Work item
The entries below contain a line with "abbrev pub Emptied" and a line with "m ∷ []) d.queues". Quote exactly those two lines and all lines between them.

[Stored data entries]
[Start of section]

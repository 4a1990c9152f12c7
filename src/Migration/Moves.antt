-- ===== src/Migration/Moves.antt =====
-- The loops of scripts/migrate_queue_type.py: a move from one queue to another, and the moves until the source
-- can be deleted.
use flow_first.Base.{
  ℕ, zero, suc, ◌<◌, String, false, Option, none, some, List, [], ◌∷◌, ◌++◌, ◌≡◌, refl, sym, ap,
  subst, ◌∙◌, arith, Member, ◌==◌, length,
}
use flow_first.Base.Dict.{get}
use flow_first.Migration.{
  Queues, Broker, Ended, Script, give, ◌>>◌, first, tail, basic_get, basic_publish, basic_ack,
}
use flow_first.Migration.Script.{move_next, move}
use flow_first.Migration.Hoare.{Runs, give-Runs, serve-Runs, bind-Runs}
use flow_first.Migration.Requests.{
  messages_of, messages_in, reflexive-Kept, transitive-Kept, Both, source-append, other-drop_first,
  Member-last, destination-append, publish-Both, first-messages, first-none, source-drop_first,
  ack-Both,
}

pub append-nil : (xs : List String) → xs ++ [] ≡ xs
append-nil [] = refl
append-nil (x ∷ xs) = ap (λ ys. x ∷ ys) (append-nil xs)

append_assoc : (xs ys zs : List String) → (xs ++ ys) ++ zs ≡ xs ++ (ys ++ zs)
append_assoc [] ys zs = refl
append_assoc (x ∷ xs) ys zs = ap (λ us. x ∷ us) (append_assoc xs ys zs)

module _ (source destination : String) (apart : (source == destination) ≡ false) where
  pub reflexive : (p : Queues) → Both source destination apart p p
  reflexive p = (reflexive-Kept source destination p, refl)

  pub transitive :
      (p q r : Queues)
      → Both source destination apart p q
      → Both source destination apart q r
      → Both source destination apart p r
  transitive p q r h h' = (transitive-Kept source destination p q r h.0 h'.0, h'.1 ∙ h.1)

  abbrev pub Moves : {A : Type 0} → (A → Queues → Type 0) → Broker → Ended A × Broker → Type 0
  Moves Post b r = Runs (Both source destination apart) Post b r

  -- the source is empty, and the destination holds these
  abbrev pub Emptied : List String → ℕ → Queues → Type 0
  Emptied whole n q = (messages_in q source ≡ []) × (messages_in q destination ≡ whole)

  -- what the two queues hold
  abbrev pub Holds : List String → List String → Queues → Type 0
  Holds left there q = (messages_in q source ≡ left) × (messages_in q destination ≡ there)

  -- A message that is acknowledged has its copy in the destination.
  acknowledge-Moves :
      (m : String) (rest there : List String) (d : Broker)
      → Holds (m ∷ rest) (there ++ m ∷ []) d.queues
      → Moves (λ _ q. Holds rest (there ++ m ∷ []) q) d (basic_ack source d)
  unfolding basic_ack
  acknowledge-Moves m rest there d (head, copy) =
      serve-Runs (Both source destination apart) reflexive transitive
        (λ _ q. Holds rest (there ++ m ∷ []) q) _ d
        (ack-Both source destination apart m d.queues (head ∙ ap (λ xs. m ∷ tail xs) (sym head))
          (subst (λ xs. Member m xs) (sym copy) (Member-last m there)))
        (λ a q done.
          subst (λ p. Holds rest (there ++ m ∷ []) p) done.1
            (
              source-drop_first source destination apart d.queues (get d.queues source) refl
                  ∙ ap tail head,
              ap messages_of (
                    other-drop_first source destination apart d.queues (get d.queues source)
                      destination apart)
                  ∙ copy,
            ))

  publish-Moves :
      (m : String) (rest there : List String) (c : Broker)
      → Holds (m ∷ rest) there c.queues
      → Moves (λ _ q. Holds (m ∷ rest) (there ++ m ∷ []) q) c (basic_publish destination m c)
  unfolding basic_publish
  publish-Moves m rest there c (head, old) =
      serve-Runs (Both source destination apart) reflexive transitive
        (λ _ q. Holds (m ∷ rest) (there ++ m ∷ []) q) _ c
        (publish-Both source destination apart m c.queues)
        (λ a q done.
          subst (λ p. Holds (m ∷ rest) (there ++ m ∷ []) p) done.1
            (
              ap messages_of
                    (source-append source destination apart m c.queues (get c.queues destination))
                  ∙ head,
              destination-append source destination apart m c.queues (get c.queues destination)
                    done.0
                  ∙ ap (λ xs. xs ++ m ∷ []) old,
            ))

  -- what basic_get shows of the source
  abbrev Shown : Queues → Option String → Queues → Type 0
  Shown p shown q = (first (get p source) ≡ some shown) × (p ≡ q)

  get-Moves : (b : Broker) → Moves (Shown b.queues) b (basic_get source b)
  unfolding basic_get
  get-Moves b =
      serve-Runs (Both source destination apart) reflexive transitive (Shown b.queues) _ b
        (reflexive b.queues) (λ a q done. done)

  carry-Moves :
      (m : String) (rest there whole : List String) (next : Script ℕ) (c : Broker)
      → Holds (m ∷ rest) there c.queues
      → ((e : Broker) → Holds rest (there ++ m ∷ []) e.queues → Moves (Emptied whole) e (next e))
      → Moves (Emptied whole) c ((basic_publish destination m >> basic_ack source >> next) c)
  carry-Moves m rest there whole next c holds then_next =
      bind-Runs (Both source destination apart) reflexive transitive
        (λ _ q. Holds rest (there ++ m ∷ []) q) (Emptied whole)
        (basic_publish destination m >> basic_ack source) (λ _. next) c
        (bind-Runs (Both source destination apart) reflexive transitive
          (λ _ q. Holds (m ∷ rest) (there ++ m ∷ []) q) (λ _ q. Holds rest (there ++ m ∷ []) q)
          (basic_publish destination m) (λ _. basic_ack source) c
          (publish-Moves m rest there c holds)
          (λ a d rel copied. acknowledge-Moves m rest there d copied))
        (λ a e rel left. then_next e left)

  move_next-Moves :
      (left there : List String) (moved : ℕ) (next : Script ℕ) (p : Queues) (shown : Option String)
      (c : Broker)
      → Holds left there p
      → ((m : String) (rest : List String)
          → left ≡ m ∷ rest
          → (e : Broker) → Holds rest (there ++ m ∷ []) e.queues
          → Moves (Emptied (there ++ left)) e (next e))
      → Shown p shown c.queues
      → Moves (Emptied (there ++ left)) c (
          move_next moved
            (give tt)
            (λ m. basic_publish destination m >> basic_ack source >> next)
            shown
            c)
  move_next-Moves left there moved next p none c (head, old) again (shown, same) =
      give-Runs (Both source destination apart) reflexive transitive (Emptied (there ++ left)) moved
        c
        (subst (λ q. Emptied (there ++ left) moved q) same
          (none_left, old ∙ sym (append-nil there) ∙ ap (λ xs. there ++ xs) (sym none_left ∙ head)))
    where
      none_left : messages_in p source ≡ []
      none_left = first-none source destination apart (get p source) shown
  move_next-Moves left there moved next p (some m) c (head, old) again (shown, same) =
      carry-Moves m (tail left) there (there ++ left) next c
        (subst (λ q. Holds (m ∷ tail left) there q) same (head ∙ starts, old))
        (λ e rest. again m (tail left) starts e rest)
    where
      starts : left ≡ m ∷ tail left
      starts =
          subst (λ xs. xs ≡ m ∷ tail xs) head
            (first-messages source destination apart m (get p source) shown)

  -- All messages go behind those of the destination, in their order.
  pub move-Moves :
      (fuel moved : ℕ) (left there : List String) (b : Broker)
      → Holds left there b.queues
      → length left < fuel
      → Moves (Emptied (there ++ left)) b (move fuel source destination moved b)
  unfolding move
  move-Moves zero moved left there b holds enough = ground arith
  move-Moves (suc fuel) moved left there b holds enough =
      bind-Runs (Both source destination apart) reflexive transitive (Shown b.queues)
        (Emptied (there ++ left)) (basic_get source) _ b (get-Moves b)
        (λ shown c rel seen.
          move_next-Moves left there moved (move fuel source destination (suc moved)) b.queues shown
            c holds
            (λ m rest starts e now.
              subst (λ xs. Moves (Emptied xs) e (move fuel source destination (suc moved) e))
                (append_assoc there (m ∷ []) rest ∙ ap (λ xs. there ++ xs) (sym starts))
                (move-Moves fuel (suc moved) rest (there ++ m ∷ []) e now
                  (omega (arith, ap length starts))))
            seen)
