-- ===== src/Migration/Drains.antt =====
-- The moves of scripts/migrate_queue_type.py until their source can be deleted.
use flow_first.Base.{
  ℕ, zero, suc, ◌<◌, String, Bool, true, false, Option, none, some, List, [], ◌++◌, ◌≡◌, refl, ap,
  subst, ◌∙◌, arith, ◌==◌, length, eq_iff,
}
use flow_first.Base.Dict.{get, get-pop}
use flow_first.Migration.{Queue, Queues, Broker, Script, give, counts, exists, queue_delete}
use flow_first.Migration.Script.{move, deletion, delete_if_empty, drained, drain}
use flow_first.Migration.Hoare.{give-Runs, serve-Runs, bind-Runs}
use flow_first.Migration.Requests.{messages_of, messages_in, Both, get-pop_other, pop-Both}
use flow_first.Migration.Moves.{reflexive, transitive, Moves, Holds, Emptied, move-Moves}

pub counts-none : (o : Option Queue) → counts o ≡ none → o ≡ none
counts-none none h = refl
counts-none (some q) h = ground arith

counts-many : (m n : ℕ) (o : Option Queue) → counts o ≡ some (suc m, n) → messages_of o ≡ [] → ⊥
counts-many m n none h empty = ground arith
counts-many m n (some q) h empty = ground (arith, ap length empty)

module _ (source destination : String) (apart : (source == destination) ≡ false)
    (there : List String) where
  -- the source is gone, and the destination holds these
  abbrev Left : Queues → Type 0
  Left q = (get q source ≡ none) × (messages_in q destination ≡ there)

  abbrev Gone : Bool → Queues → Type 0
  Gone gone q = (gone ≡ true) × Left q

  abbrev pub Drained : ℕ → Queues → Type 0
  Drained n q = Left q

  abbrev Counted : Queues → Option (ℕ × ℕ) → Queues → Type 0
  Counted p found q = (counts (get p source) ≡ found) × (p ≡ q)

  exists-Moves :
      (b : Broker) → Moves source destination apart (Counted b.queues) b (exists source b)
  unfolding exists
  exists-Moves b =
      serve-Runs (Both source destination apart) (reflexive source destination apart)
        (transitive source destination apart) (Counted b.queues) _ b
        (reflexive source destination apart b.queues) (λ a q done. (ground (arith, done.0), done.1))

  pop-Moves :
      (c : Broker)
      → Emptied source destination apart there 0 c.queues
      → Moves source destination apart (λ _ q. Left q) c (queue_delete source c)
  unfolding queue_delete
  pop-Moves c (empty, kept) =
      serve-Runs (Both source destination apart) (reflexive source destination apart)
        (transitive source destination apart) (λ _ q. Left q) _ c
        (pop-Both source destination apart c.queues empty)
        (λ a q done. subst Left done.1 (
          get-pop c.queues source source ∙ rw ((eq_iff source source).1 refl) refl,
          ap messages_of (get-pop_other source destination apart c.queues destination apart) ∙ kept,
        ))

  deletion-Moves :
      (found : Option (ℕ × ℕ)) (p : Queues) (c : Broker)
      → Emptied source destination apart there 0 p
      → Counted p found c.queues
      → Moves source destination apart Gone c (deletion source found c)
  deletion-Moves none p c (empty, kept) (found, same) =
      give-Runs (Both source destination apart) (reflexive source destination apart)
        (transitive source destination apart) Gone true c
        (refl, subst Left same (counts-none (get p source) found, kept))
  deletion-Moves (some (zero, n)) p c emptied (found, same) =
      bind-Runs (Both source destination apart) (reflexive source destination apart)
        (transitive source destination apart) (λ _ q. Left q) Gone (queue_delete source)
        (λ _. give true) c
        (pop-Moves c (subst (λ q. Emptied source destination apart there 0 q) same emptied))
        (λ a d rel left.
          give-Runs (Both source destination apart) (reflexive source destination apart)
            (transitive source destination apart) Gone true d (refl, left))
  deletion-Moves (some (suc m, n)) p c (empty, kept) (found, same) =
      absurd (counts-many m n (get p source) found empty)

  delete-Moves :
      (b : Broker)
      → Emptied source destination apart there 0 b.queues
      → Moves source destination apart Gone b (delete_if_empty source b)
  unfolding delete_if_empty
  delete-Moves b emptied =
      bind-Runs (Both source destination apart) (reflexive source destination apart)
        (transitive source destination apart) (Counted b.queues) Gone (exists source)
        (deletion source) b (exists-Moves b)
        (λ found c rel seen. deletion-Moves found b.queues c emptied seen)

  drained-Moves :
      (again : Script ℕ) (now : ℕ) (gone : Bool) (d : Broker)
      → Gone gone d.queues
      → Moves source destination apart Drained d (drained again now gone d)
  drained-Moves again now true d (is_true, left) =
      give-Runs (Both source destination apart) (reflexive source destination apart)
        (transitive source destination apart) Drained now d left
  drained-Moves again now false d (is_true, left) = ground arith

-- One move is enough, since nobody else publishes to the source.
pub drain-Moves :
    (source destination : String) (apart : (source == destination) ≡ false) (rounds fuel moved : ℕ)
    (left there : List String) (b : Broker)
    → Holds source destination apart left there b.queues
    → length left < fuel
    → Moves source destination apart
        (Drained source destination apart (there ++ left))
        b
        (drain (suc rounds) fuel source destination moved b)
unfolding drain
drain-Moves source destination apart rounds fuel moved left there b holds enough =
    bind-Runs (Both source destination apart) (reflexive source destination apart)
      (transitive source destination apart) (Emptied source destination apart (there ++ left))
      (Drained source destination apart (there ++ left)) (move fuel source destination moved) _ b
      (move-Moves source destination apart fuel moved left there b holds enough)
      (λ now c rel emptied.
        bind-Runs (Both source destination apart) (reflexive source destination apart)
          (transitive source destination apart) (Gone source destination apart (there ++ left))
          (Drained source destination apart (there ++ left)) (delete_if_empty source)
          (drained (drain rounds fuel source destination now) now) c
          (delete-Moves source destination apart (there ++ left) c emptied)
          (λ gone d rel' is_gone.
            drained-Moves source destination apart (there ++ left)
              (drain rounds fuel source destination now) now gone d is_gone))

[End of section]

Solution
  abbrev pub Emptied : List String → ℕ → Queues → Type 0
  Emptied whole n q = (messages_in q source ≡ []) × (messages_in q destination ≡ whole)

  -- what the two queues hold
  abbrev pub Holds : List String → List String → Queues → Type 0
  Holds left there q = (messages_in q source ≡ left) × (messages_in q destination ≡ there)

  -- A message that is acknowledged has its copy in the destination.
  acknowledge-Moves :
      (m : String) (rest there : List String) (d : Broker)
      → Holds (m ∷ rest) (there ++ m ∷ []) d.queues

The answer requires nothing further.